Louis Armstrong is probably the most important figure in the development of jazz. The issue of his popularity is important because it had cultural and political implications beyond music. Although he grew up in unimaginable poverty and racial segregation, he was able to present his music in a generous way that thrilled and won over new audiences. In a period when jazz was politically and religiously denounced as primitive, unskilled, immoral, and even degenerate, Armstrong used his extraordinary personality to calm fears and neutralize dissensions. America had never experienced anything like him before.

Before Armstrong, jazz was generally perceived as an urban popular music that had more in common with ragtime and military orchestras and less with the rhythms we associate with jazz or swing dance music today. It was an ensemble music, adapted for social functions, encountered both in dance halls and at funerals, using a fixed repertoire and a communal aesthetic. Without Armstrong, the progress of jazz as a distinctive art form – a way of singing based on improvisation – would have been slower and less decisive.

Armstrong established jazz as a music that values individual expression. His creative spirit proved too powerful for the rigors of traditional music. To rise to Armstrong’s level, a musician had to do more than master an instrument; they had to make the instrument an extension of themselves.

In his youth, Armstrong adopted the scat singing style – the use of nonsense syllables instead of words, with the same improvisational success and expressiveness and candor as an instrumentalist. But by 1926, when he recorded “Heebie Jeebies,” few people had heard a scat voice.

Perhaps Armstrong’s greatest contribution was teaching us what swing is. He introduced a new energy of rhythm that would ultimately become second nature for people all over the world. As the most celebrated black artist in the history of Western music up to that point, born just two generations after slavery, he embodied the promise of a new era in which American music would rival that of Europe and Russia.


MILES DAVIS (Miles Dewey Davis III)

Trompetist, orchestra leader, composer, artist

(1926 – 1991)


Miles Davis was born in Alton, Illinois, into a wealthy African American family. His grandfather owned land in Arkansas, and his father was a prominent dental surgeon and pillar of their community in St. Louis. The comfortable living environment instilled in him an unshakable self-confidence, stimulated by his father’s education and prosperity, and his mother’s beauty, with an equally strong personality and a passion for fashion. When Billy Eckstine’s orchestra visited St. Louis in 1944, Davis took a seat alongside the band’s dynamic soloists, Dizzy Gillespie (who advised him to learn piano and harmony) and Charlie Parker. Later that year, Davis’s father sent him to New York to study at Juilliard School.

Davis’s work involved a continuous rethinking of the four primary elements that define jazz and most other types of music: harmony, melody, rhythm, and instrumentation. But Davis’s importance goes beyond his musical pursuits. His personality – often bellicose, always independent, and with periods of isolation – impressed musicians and audiences alike. He became an inevitable symbol of his time and a magnet for artists both in and outside of music. With an extremely charismatic personality, Davis appeared as the archetype of the modern jazz musician (distant, unattractive, romantic) and the African American man of the civil rights era (autonomous, sincere, unparalleled in his talent). Imitated for his personal and musical attributes, including his clothing and frankness, Davis received a series of appellations such as the Prince of Darkness, the Wizard…

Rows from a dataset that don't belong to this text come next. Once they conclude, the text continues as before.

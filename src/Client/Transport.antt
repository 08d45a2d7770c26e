-- ===== src/Client/Transport.antt =====
-- The transport contract of client/api/iio/IIO.hh (`IIO`), as the generated functions of a client see it.
pub mod Calls
pub mod Posix
pub mod Seastar
use distributed_logger.Base.{
  ℕ, ◌+◌, ◌≤◌, ◌<◌, ◌≡◌, ◌≢◌, ◌⊎◌, Bool, false, Option, some, List, mod64, add64,
}
use distributed_logger.Client.Buffer.{IBufferWrapper}
use distributed_logger.Client.Logger.{Arg, log_event}
use distributed_logger.Client.PosixIo.State.{Run, done, ◌>>=◌, or_fault}
use distributed_logger.Client.PosixIo.Pending.{Ends}

-- What a transport shows of itself: its limit, its queue size and its three counters.
pub record Counters : Type 0 where
  pub limit : ℕ
  pub queue_size : ℕ
  pub posted : ℕ
  pub dropped : ℕ
  pub sent : ℕ

-- What `send` of a buffer of `size` bytes makes of the counters: the log is dropped, because it would
-- pass the limit; or it is posted within the limit; or it is passed over, which only a transport that is
-- not ready may do.
abbrev pub Sends : Bool → ℕ → Counters → Counters → Type 0
Sends ready size c c' =
    (c'.limit ≡ c.limit)
    × (((c.limit ≢ 0)
          × (c.limit < c.queue_size + size)
          × (c'.dropped ≡ add64 c.dropped 1)
          × (c'.posted ≡ c.posted)
          × (c'.queue_size ≡ c.queue_size))
        ⊎ ((((c.limit ≡ 0) ⊎ (c.queue_size + size ≤ c.limit))
              × (c'.posted ≡ add64 c.posted 1)
              × (c'.dropped ≡ c.dropped)
              × (c'.queue_size ≤ c.queue_size + size))
            ⊎ ((ready ≡ false)
                × (c'.dropped ≡ c.dropped)
                × (c'.posted ≡ c.posted)
                × (c'.queue_size ≡ c.queue_size))))

-- The operations, with what the system answers to a `send`, and the law of `send`: in a good state it
-- returns, or ends the process where the state is not `plain`, and leaves a good state. `none` of the
-- shutdown ends the process.
pub record Iio (I : IBufferWrapper) : Type 1 where
  pub State : Type 0
  pub Answer : Type 0
  pub send : Answer → I.Buffer → State → Run (Option I.Buffer × State)
  pub set_queue_max_size : ℕ → State → State
  pub counters : State → Counters
  pub connection_graceful_shutdown : State → Option State
  pub IsGood : State → Type 0
  pub plain : State → Bool
  pub ready : State → Bool
  pub IsAllowed : ℕ → Answer → Type 0
  pub limit_set :
      (n : ℕ) (s : State)
      → IsGood s
      → IsGood (set_queue_max_size n s) × ((counters (set_queue_max_size n s)).limit ≡ n)
  pub send_lem :
      (a : Answer) (b : I.Buffer) (s : State)
      → IsGood s
      → I.IsValid b
      → I.get_read_offset b ≡ 0
      → 4 ≤ I.get_capacity b
      → I.get_capacity b < 2147483648
      → (counters s).queue_size + I.get_capacity b < mod64
      → IsAllowed (I.get_capacity b) a
      → Ends
          (plain s)
          (λ r.
            IsGood r.1
            × (plain r.1 ≡ plain s)
            × (ready r.1 ≡ ready s)
            × Sends (ready s) (I.get_capacity b) (counters s) (counters r.1))
          (send a b s)

-- A function that the generator writes, over any buffer and any transport. What `send` returns is
-- dropped.
module _ (I : IBufferWrapper) (T : Iio I) where
  unfoldable pub post : T.Answer → ℕ → List Arg → T.State → Run T.State
  post a event args s = do
    buffer ← or_fault (log_event I event args)
    (back, s') ← T.send a buffer s
    done s'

Davis composed the music for the French film “L’Ascenseur pour l’Echafaud” in 1957 and acted in the Australian film “Dingo” in 1991. He was also a recognized artist, and his paintings and sketches are a bold and masculine blend of Kandinsky, Jean-Michel Basquiat, Picasso, and African tribal art. Davis’s visual art appears on some of his album covers, such as the artwork on the “Amandla” album from 1989.


SARAH VAUGHAN

Vocalist, pianist, organist

(1924 – 1990)


Sarah Vaughan was a natural talent whose extraordinary vocal range, which she traversed with fluidity, allowed her to reach the heights of an opera singer and the rich depths of a jazz singer. She earned the nickname “The Divine One” for her musical mastery and was affectionately called “Sassy” by her friends.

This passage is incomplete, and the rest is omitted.